EXERCISE BRIEF. Using the records below, transcribe word for word the stretch from the line that contains "rank empty_error_object = 33" through the line that contains "shuffle_array ∷ duplicate_array_item", both end lines included, and nothing else.

DATA FOR ANALYSIS.
↓↓↓
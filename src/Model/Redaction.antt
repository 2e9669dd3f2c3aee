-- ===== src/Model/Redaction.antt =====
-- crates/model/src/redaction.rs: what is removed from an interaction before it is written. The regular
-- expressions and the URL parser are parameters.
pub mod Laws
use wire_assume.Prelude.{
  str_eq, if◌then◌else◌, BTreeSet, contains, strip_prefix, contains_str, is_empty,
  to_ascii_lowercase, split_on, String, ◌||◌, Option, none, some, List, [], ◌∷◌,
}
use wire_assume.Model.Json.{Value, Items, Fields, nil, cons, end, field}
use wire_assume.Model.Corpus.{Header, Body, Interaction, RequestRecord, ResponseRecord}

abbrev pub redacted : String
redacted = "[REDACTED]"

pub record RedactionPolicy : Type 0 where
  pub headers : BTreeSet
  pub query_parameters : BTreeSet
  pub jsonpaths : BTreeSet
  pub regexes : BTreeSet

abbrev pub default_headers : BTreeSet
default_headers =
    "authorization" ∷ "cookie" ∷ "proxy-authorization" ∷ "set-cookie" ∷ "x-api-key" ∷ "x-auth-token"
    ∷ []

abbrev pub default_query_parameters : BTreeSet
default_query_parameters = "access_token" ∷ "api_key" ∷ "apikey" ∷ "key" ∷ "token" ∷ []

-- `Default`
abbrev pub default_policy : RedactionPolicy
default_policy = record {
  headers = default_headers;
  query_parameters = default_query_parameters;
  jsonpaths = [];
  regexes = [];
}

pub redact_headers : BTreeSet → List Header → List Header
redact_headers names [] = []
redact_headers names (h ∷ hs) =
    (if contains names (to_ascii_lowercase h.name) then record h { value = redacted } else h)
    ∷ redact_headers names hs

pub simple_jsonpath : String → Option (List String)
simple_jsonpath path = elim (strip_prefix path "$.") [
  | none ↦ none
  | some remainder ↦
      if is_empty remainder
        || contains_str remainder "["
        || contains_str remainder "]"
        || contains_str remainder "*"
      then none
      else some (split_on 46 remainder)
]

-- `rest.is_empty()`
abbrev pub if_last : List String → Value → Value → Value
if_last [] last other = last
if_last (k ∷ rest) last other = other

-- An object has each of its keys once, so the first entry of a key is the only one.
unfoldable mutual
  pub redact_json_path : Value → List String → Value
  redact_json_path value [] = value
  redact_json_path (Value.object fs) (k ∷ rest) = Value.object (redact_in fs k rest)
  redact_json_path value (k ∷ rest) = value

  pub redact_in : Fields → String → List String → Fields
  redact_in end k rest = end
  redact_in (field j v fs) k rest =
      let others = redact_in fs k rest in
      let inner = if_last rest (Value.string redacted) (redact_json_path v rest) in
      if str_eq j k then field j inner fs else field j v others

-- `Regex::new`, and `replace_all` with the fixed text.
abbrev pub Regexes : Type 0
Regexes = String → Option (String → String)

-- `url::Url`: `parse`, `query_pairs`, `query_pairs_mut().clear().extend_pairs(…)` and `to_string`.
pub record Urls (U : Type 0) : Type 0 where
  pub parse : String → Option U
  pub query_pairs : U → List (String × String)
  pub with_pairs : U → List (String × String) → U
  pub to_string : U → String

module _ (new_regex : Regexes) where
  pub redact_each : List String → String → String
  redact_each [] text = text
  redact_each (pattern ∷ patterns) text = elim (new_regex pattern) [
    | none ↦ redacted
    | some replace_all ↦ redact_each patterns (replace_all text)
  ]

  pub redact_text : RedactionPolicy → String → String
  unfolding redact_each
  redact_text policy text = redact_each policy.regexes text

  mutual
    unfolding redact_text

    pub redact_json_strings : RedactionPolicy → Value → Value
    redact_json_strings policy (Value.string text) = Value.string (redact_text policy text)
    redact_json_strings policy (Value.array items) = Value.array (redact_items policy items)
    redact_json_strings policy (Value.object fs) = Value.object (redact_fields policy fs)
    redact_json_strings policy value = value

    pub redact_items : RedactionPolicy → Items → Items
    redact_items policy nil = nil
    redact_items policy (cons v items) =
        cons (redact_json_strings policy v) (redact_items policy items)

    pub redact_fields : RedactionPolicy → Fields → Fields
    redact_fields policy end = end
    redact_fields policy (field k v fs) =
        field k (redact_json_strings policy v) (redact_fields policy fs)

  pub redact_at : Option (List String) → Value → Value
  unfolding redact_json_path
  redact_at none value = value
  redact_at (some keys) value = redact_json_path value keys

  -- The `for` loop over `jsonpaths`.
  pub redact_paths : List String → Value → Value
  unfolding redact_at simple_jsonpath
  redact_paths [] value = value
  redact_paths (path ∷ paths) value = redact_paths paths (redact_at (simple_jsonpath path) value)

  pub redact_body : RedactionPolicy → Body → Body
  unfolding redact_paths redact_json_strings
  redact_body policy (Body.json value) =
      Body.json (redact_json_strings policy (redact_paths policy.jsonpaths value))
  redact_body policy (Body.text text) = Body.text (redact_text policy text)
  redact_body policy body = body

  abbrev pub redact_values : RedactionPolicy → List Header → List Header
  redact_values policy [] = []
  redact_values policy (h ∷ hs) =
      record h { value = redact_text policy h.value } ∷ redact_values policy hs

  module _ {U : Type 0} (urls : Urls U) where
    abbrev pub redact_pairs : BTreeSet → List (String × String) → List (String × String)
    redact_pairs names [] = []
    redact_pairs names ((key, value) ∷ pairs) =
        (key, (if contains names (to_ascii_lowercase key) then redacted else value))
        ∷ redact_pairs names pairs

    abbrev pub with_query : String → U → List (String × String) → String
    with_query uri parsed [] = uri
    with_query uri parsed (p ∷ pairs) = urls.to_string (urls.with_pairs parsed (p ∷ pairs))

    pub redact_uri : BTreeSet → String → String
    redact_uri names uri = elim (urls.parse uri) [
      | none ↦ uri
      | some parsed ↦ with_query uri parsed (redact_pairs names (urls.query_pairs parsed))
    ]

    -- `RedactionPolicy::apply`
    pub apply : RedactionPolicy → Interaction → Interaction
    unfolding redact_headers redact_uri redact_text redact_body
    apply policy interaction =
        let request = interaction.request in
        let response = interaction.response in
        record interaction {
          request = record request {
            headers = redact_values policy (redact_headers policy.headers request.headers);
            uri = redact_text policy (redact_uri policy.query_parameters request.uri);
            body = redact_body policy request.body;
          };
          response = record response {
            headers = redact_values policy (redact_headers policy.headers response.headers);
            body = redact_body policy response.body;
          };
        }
↑↑↑
↓↓↓
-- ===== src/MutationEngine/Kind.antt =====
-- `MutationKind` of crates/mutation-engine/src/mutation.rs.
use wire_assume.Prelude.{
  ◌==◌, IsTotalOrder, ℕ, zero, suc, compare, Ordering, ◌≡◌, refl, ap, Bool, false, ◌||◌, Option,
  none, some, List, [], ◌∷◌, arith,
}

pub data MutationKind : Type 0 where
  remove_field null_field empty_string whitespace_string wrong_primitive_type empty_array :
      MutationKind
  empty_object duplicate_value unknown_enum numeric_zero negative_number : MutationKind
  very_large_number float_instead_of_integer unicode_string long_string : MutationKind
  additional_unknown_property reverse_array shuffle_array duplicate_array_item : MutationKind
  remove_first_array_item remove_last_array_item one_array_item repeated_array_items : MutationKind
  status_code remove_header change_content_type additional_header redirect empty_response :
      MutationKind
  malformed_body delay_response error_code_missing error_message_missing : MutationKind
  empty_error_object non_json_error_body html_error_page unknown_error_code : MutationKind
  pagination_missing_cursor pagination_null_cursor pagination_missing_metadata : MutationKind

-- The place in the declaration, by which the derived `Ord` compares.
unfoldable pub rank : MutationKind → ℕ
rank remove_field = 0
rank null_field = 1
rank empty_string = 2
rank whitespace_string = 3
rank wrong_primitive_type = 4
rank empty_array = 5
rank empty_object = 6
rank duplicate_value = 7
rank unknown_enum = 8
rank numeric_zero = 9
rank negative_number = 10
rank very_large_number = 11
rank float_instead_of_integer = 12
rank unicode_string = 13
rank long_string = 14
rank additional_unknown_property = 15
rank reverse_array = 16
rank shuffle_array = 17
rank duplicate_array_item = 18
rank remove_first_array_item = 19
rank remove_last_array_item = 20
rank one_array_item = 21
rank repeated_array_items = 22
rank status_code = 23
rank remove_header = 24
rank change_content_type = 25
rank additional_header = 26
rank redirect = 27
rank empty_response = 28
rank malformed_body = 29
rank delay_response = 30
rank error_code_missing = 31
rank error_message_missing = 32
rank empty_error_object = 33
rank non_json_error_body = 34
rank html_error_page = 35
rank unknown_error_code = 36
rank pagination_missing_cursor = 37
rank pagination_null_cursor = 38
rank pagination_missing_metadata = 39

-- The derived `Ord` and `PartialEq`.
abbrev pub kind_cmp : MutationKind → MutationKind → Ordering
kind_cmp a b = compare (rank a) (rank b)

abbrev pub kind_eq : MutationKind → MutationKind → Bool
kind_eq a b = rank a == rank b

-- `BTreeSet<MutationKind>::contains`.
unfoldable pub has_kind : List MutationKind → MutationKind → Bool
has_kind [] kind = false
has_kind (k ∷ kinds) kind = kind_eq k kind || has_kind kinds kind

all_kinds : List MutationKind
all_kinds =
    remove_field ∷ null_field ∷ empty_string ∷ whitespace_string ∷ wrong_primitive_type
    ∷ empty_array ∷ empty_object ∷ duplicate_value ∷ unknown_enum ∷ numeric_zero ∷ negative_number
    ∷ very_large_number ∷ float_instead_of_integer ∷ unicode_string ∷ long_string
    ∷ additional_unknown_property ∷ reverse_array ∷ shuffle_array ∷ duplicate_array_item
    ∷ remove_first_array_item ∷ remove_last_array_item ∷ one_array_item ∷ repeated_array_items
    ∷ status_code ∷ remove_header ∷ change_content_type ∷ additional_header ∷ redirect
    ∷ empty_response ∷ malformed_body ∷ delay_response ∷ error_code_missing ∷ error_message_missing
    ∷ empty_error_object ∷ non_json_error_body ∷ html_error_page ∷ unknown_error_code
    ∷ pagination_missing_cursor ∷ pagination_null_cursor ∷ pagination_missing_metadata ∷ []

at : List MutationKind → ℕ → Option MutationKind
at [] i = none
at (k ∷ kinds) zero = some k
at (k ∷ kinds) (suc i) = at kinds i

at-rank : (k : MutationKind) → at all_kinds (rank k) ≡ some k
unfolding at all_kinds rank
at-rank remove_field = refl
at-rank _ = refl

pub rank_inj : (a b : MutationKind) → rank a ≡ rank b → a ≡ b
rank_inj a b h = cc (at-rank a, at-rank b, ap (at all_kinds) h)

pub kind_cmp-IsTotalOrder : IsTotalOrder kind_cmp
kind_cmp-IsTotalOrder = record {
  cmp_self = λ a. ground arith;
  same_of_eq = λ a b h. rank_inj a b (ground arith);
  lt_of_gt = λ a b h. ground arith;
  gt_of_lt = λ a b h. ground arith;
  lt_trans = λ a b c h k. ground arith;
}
↑↑↑
TASK SOLUTION.
rank empty_error_object = 33
rank non_json_error_body = 34
rank html_error_page = 35
rank unknown_error_code = 36
rank pagination_missing_cursor = 37
rank pagination_null_cursor = 38
rank pagination_missing_metadata = 39

-- The derived `Ord` and `PartialEq`.
abbrev pub kind_cmp : MutationKind → MutationKind → Ordering
kind_cmp a b = compare (rank a) (rank b)

abbrev pub kind_eq : MutationKind → MutationKind → Bool
kind_eq a b = rank a == rank b

-- `BTreeSet<MutationKind>::contains`.
unfoldable pub has_kind : List MutationKind → MutationKind → Bool
has_kind [] kind = false
has_kind (k ∷ kinds) kind = kind_eq k kind || has_kind kinds kind

all_kinds : List MutationKind
all_kinds =
    remove_field ∷ null_field ∷ empty_string ∷ whitespace_string ∷ wrong_primitive_type
    ∷ empty_array ∷ empty_object ∷ duplicate_value ∷ unknown_enum ∷ numeric_zero ∷ negative_number
    ∷ very_large_number ∷ float_instead_of_integer ∷ unicode_string ∷ long_string
    ∷ additional_unknown_property ∷ reverse_array ∷ shuffle_array ∷ duplicate_array_item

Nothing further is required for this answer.